Um die Anwendbarkeit von wiederverwendeten und wiederverwendeten AC-PBRs aus Kunststoff für die Mikroalgenkultivierung zu untersuchen, haben wir drei frische und marine Algenstämme ausgewählt: C. vulgaris, N. oculata und C. cryptica. C. vulgaris ist eine grüne Süßwassermodell-Mikroalge, die häufig als Nahrungsergänzungsmittel oder proteinreicher Lebensmittelzusatzstoff verwendet wird und Berichten zufolge auch eine hohe Biomasse und einen hohen intrazellulären Lipidgehalt ansammelt33. N. oculata ist eine photoautotrophe, einzellige, frei schwimmende Meeresgrünalge, die häufig in der Aquakultur als energiereiche Nahrungsquelle für Fischlarven und Rädertiere34,35 verwendet wird. Darüber hinaus gilt sie als vielversprechende Alge für industrielle und nutrazeutische Anwendungen, da sie unter geeigneten Kultivierungsbedingungen hohe Mengen an mehrfach ungesättigten Fettsäuren (PUFA) und Carotinoiden wie Astaxanthin, Zeaxanthin und Canthaxanthin anreichern kann. C. cryptica ist eine foto-/heterotrophe einzellige, frei schwimmende, zentrische Meeresdiatomee (Braunalge), die häufig in Aquakulturfuttermitteln verwendet wird36. Aufgrund ihrer Fähigkeit, hohe Mengen an PUFA und dem Carotinoid Fucoxanthin anzusammeln, gilt sie als vielversprechende Alge für industrielle und nutrazeutische Anwendungen37,38. Da Kieselalgen darüber hinaus durch eine nahezu reine, amorphe hydratisierte Kieselsäureschale (Frustule) gekennzeichnet sind, können sie auch als potenzielle Quelle biogener Kieselsäure für hochwertige Anwendungen dienen39,40. Schließlich ist auch bekannt, dass C. cryptica β-Chitin-Nanofibrillen (Fasern)3,41 produziert, die bei der Herstellung von Biomembranen und Biokunststoffen Verwendung finden könnten, die eine bessere biologische Abbaubarkeit als Kunststoffe aufweisen42,43,44. Die Herstellung biobasierter Kunststoffe aus natürlichen Ressourcen mit einem hohen Anteil an protein- und kohlenhydratbasierten Polymeren stellt eine biologisch abbaubare Alternative zum Ersatz oder zur Ergänzung herkömmlicher erdölbasierter Kunststoffe dar45,46.

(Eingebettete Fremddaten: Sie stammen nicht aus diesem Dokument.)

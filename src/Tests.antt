-- ===== src/Tests.antt =====
-- Concrete sessions, memory and code that the theorems are applied to: one tracked module, one
-- system module, one depth rule, one region of generated code.
mod Paths
mod Blocks
mod Recording
mod Texts
mod Triggers
mod Exceptions
mod Images
use vd_trace.Base.{
  ℕ, true, false, List, [], ◌∷◌, Option, none, some, ◌&&◌, ltb, leb, ◌==◌, if◌then◌else◌,
}
use vd_trace.Session.{
  Impl, Options, ModuleRange, ResolvedDepthFilterModuleRule, ResolvedDepthFilterSet, first_seen,
  edge, trap_flag, idle, hardware_flow, no_probe_session, no_event, no_block, no_decode,
  InstructionDecodeResult, EventKind, FlowEdgeKey, other, conditional_jump, call, jump, return,
  BasicBlockInfo, EnhancedSamplingFrame,
}
use vd_trace.Regions.{MemoryInformation}
use vd_trace.Regions.Cache.{empty_cache}
use vd_trace.Hardware.{Context}
use vd_trace.Runtime.{Machine}

abbrev pub program_module : ModuleRange
program_module = record { name = 97 ∷ []; base = 0x1000; size = 0x1000 }

abbrev pub library_module : ModuleRange
library_module = record { name = 98 ∷ []; base = 0x3000; size = 0x800 }

abbrev pub library_rule : ResolvedDepthFilterModuleRule
library_rule = record { range = library_module; max_call_depth = 2; execution_mode = edge }

abbrev pub sample_filters : ResolvedDepthFilterSet
sample_filters = record {
  module_rules = library_rule ∷ [];
  has_outside_module_depth = true;
  outside_module_depth = 1;
  outside_module_execution_mode = trap_flag;
  has_anonymous_exec_depth = false;
  anonymous_exec_depth = 0;
  anonymous_exec_execution_mode = edge;
}

abbrev pub sample_options : Options
sample_options = record {
  auto_select_thread = false;
  queue_trigger_threads = false;
  trace_outside_modules = false;
  control_flow_only = true;
  max_call_depth = 8;
  hit_policy = first_seen;
  hot_bypass_threshold = 3;
  stop_on_root_return = false;
  max_events = 0;
  async_thread_handoff = false;
  has_callback = true;
}

abbrev pub sample_impl : Impl
sample_impl = record {
  self = 1;
  options = sample_options;
  module_ranges = program_module ∷ [];
  system_module_ranges = library_module ∷ [];
  depth_filters = sample_filters;
  running = true;
  stop_requested = false;
  observation_state = idle;
  step_count = 0;
  event_count = 0;
  duplicate_edge_suppressed_count = 0;
  outside_suppressed_count = 0;
  hot_bypass_entry_count = 0;
  current_call_depth = 0;
  seen_edges = [];
  call_depth_offset = 0;
  root_call_depth_base = 0;
  last_rip = 0;
  last_rip_valid = false;
  waiting_for_trigger = false;
  root_stop_armed = false;
  async_probes = [];
  value_probes = [];
  pending_block = no_block;
  tf_probe_source = 0;
  tf_probe_decode = no_decode;
  pending_resume_entry = 0;
  pending_target_override = 0;
  pending_resume_entry_valid = false;
  pending_target_override_valid = false;
  observed_addresses = 0 ∷ 0 ∷ 0 ∷ 0 ∷ [];
  observed_count = 0;
  suppressed_transition_streak = 0;
  suppressed_hot_anchor = 0;
  suppressed_frame_depth = 0;
  hot_bypass_resume = 0;
  hot_bypass_return = 0;
  hot_bypass_call_depth = 0;
  hot_bypass_root_stop = false;
  call_return_stack = [];
  enhanced_sampling_stack = [];
  trap_suppression_stack = [];
  region_cache = empty_cache;
  backend_mode = hardware_flow;
  active_probe = no_probe_session;
  pending_async_handoff_target = 0;
  pending_async_handoff_event = no_event;
  pending_async_handoff_valid = false;
  retained = record {
    step_count = 0;
    event_count = 0;
    duplicate_edge_suppressed_count = 0;
    outside_suppressed_count = 0;
    hot_bypass_entry_count = 0;
    call_depth = 0;
    trigger_capture_hit_count = 0;
    trigger_capture_last_thread_id = 0;
  };
  trigger_capture_hit_count = 0;
  trigger_capture_last_thread_id = 0;
  configured_trigger_address = 0;
  resolved_trigger_address = 0;
  active_thread_id = 7;
  thread_handle = 12;
  detached_thread_ids = [];
  async_handoff_request_pending = false;
  async_handoff_entry = 0;
  async_handoff_depth = 0;
  async_handoff_handle_value = 0;
  async_handoff_thread_id = 0;
  events = [];
}

abbrev pub generated_code : MemoryInformation
generated_code = record {
  base_address = 0x5000;
  region_size = 0x1000;
  state = 0x1000;
  protect = 0x40;
  memory_type = 0x20000;
}

-- One committed, executable region that no image backs.
abbrev pub sample_query : ℕ → Option MemoryInformation
sample_query a = if leb 0x5000 a && ltb a 0x6000 then some generated_code else none

abbrev pub decoded : EventKind → ℕ → ℕ → InstructionDecodeResult
decoded kind target size = record {
  kind = kind;
  target = target;
  has_target = true;
  size = size;
  bytes = [];
}

-- A plain instruction at 0x1000 with a conditional jump behind it, and nothing else.
abbrev pub sample_code : ℕ → InstructionDecodeResult
sample_code a =
    if a == 0x1000
    then decoded other 0 3
    else if a == 0x1003
    then decoded conditional_jump 0x1010 2
    else no_decode

abbrev pub ending_in : EventKind → ℕ → ℕ → BasicBlockInfo
ending_in kind tail target = record {
  entry = tail;
  tail = tail;
  fallthrough = tail;
  tail_decode = decoded kind target 2;
  instruction_count = 1;
  valid = true;
  truncated = false;
  emits_edge = true;
}

abbrev pub jump_from : ℕ → ℕ → FlowEdgeKey
jump_from a b = record { instruction = a; target = b; kind = jump }

abbrev pub no_frame : EnhancedSamplingFrame
no_frame = record { active = false; argument_count = 0; arguments = [] }

abbrev pub sample_context : Context
sample_context = record {
  context_flags = 0;
  dr0 = 7;
  dr1 = 0;
  dr2 = 0;
  dr3 = 0;
  dr6 = 1;
  dr7 = 0x400;
  e_flags = 0x346;
  rip = 0x1000;
  rsp = 0x9000;
  rax = 0;
}

-- A process of one thread, in which no image and no memory can be read.
abbrev pub sample_machine : Machine
sample_machine = record {
  virtual_query = sample_query;
  decode_instruction = sample_code;
  module_of_address = λ a. none;
  read_memory = λ a n. none;
  read_pointer = λ a. none;
  read_dword = λ a. none;
  thread_of_handle = λ h. 0;
  current_thread_id = 7;
  call_arguments = λ c. [];
  probe_captures = λ p c. [];
  sample_call = λ i e. no_frame;
  arm_trigger_capture_threads = λ i. some (1, 1);
}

Bemerkenswerterweise konnten sich alle drei Algenstämme anpassen und in AC-PBRs wachsen, wobei N. oculata mit einem OD680 nm von 4,01 ± 0,20 das höchste Wachstumsniveau zeigte, gefolgt von C. vulgaris und C. cryptica (Abb. 1A). . Die Algenstämme zeigten eine 1-tägige Verzögerungsphase (0–1 Tag), gefolgt von Wachstum zwischen dem 2. und 5. Tag. Den Wachstumskurven zufolge erreichte C. vulgaris am 6. Tag die frühe stationäre Phase (Erntezeitpunkt), während N. oculata und C. cryptica wuchsen bis zum 8. bzw. 7. Tag weiter (Abb. 1A). Eine ungefähre Messung des restlichen Nitrats und Phosphats ergab eine Erschöpfung dieser beiden Makronährstoffe in C. vulgaris-Kulturen am 6. Tag, während N. oculata- und C. cryptica-Kulturen am 8. Tag 250 mg/L und 10 mg/L Restnitrat und Phosphat aufwiesen bzw. 7. Tag, was die längere Wachstumsdauer erklärt. Da bekannt ist, dass bestimmte Meeresalgen und Kieselalgen 22–47 % der Gesamtbiomasse Mineralien und Kieselsäure enthalten, haben wir den DCW für alle Algenstämme angepasst, um eine Überschätzung der Biomasse zu vermeiden. Eine Durchsicht der Literatur ergab niedrige Aschewerte für C. vulgaris von etwa ~ 5–6 %47,48, daher wurde in Übereinstimmung mit gängigen Forschungspraktiken hier keine Anpassung bezüglich des Ascheanteils vorgenommen (d. h. AFDCW (g) = DCW (g). )). Eine Überprüfung der Literatur für N. oculata und Nannochloropsis sp. ergab konstante Aschegehalte von 24,5 bzw. 27,3 %49,50; Daher wurde für diese Analyse hier ein Durchschnittswert von 25,9 % Aschegehalt verwendet. Die Untersuchung der Literatur zu Kieselalgen ergab, dass Hildebrand26 acht verschiedene Kieselalgenarten mit Aschegehalten von 49 bis 59 % verglich, wobei Kieselalgen im Durchschnitt den doppelten Aschegehalt einer Vielzahl nicht verkieselter Algen und den vierfachen Gehalt zweier untersuchter Chlamydomonas-Arten aufwiesen. Aufgrund des größeren Größenwerts und der Schwankung des Siliciumdioxidgehalts, die bei der Berechnung des organischen Gehalts im Trockengewicht der Diatomeenarten festgestellt wurden, wurden für C. cryptica direkte Doppelmessungen des AFDCW % durchgeführt, wobei der in der Literatur angegebene mittlere Aschegehaltswert von 45,4 % verwendet wurde.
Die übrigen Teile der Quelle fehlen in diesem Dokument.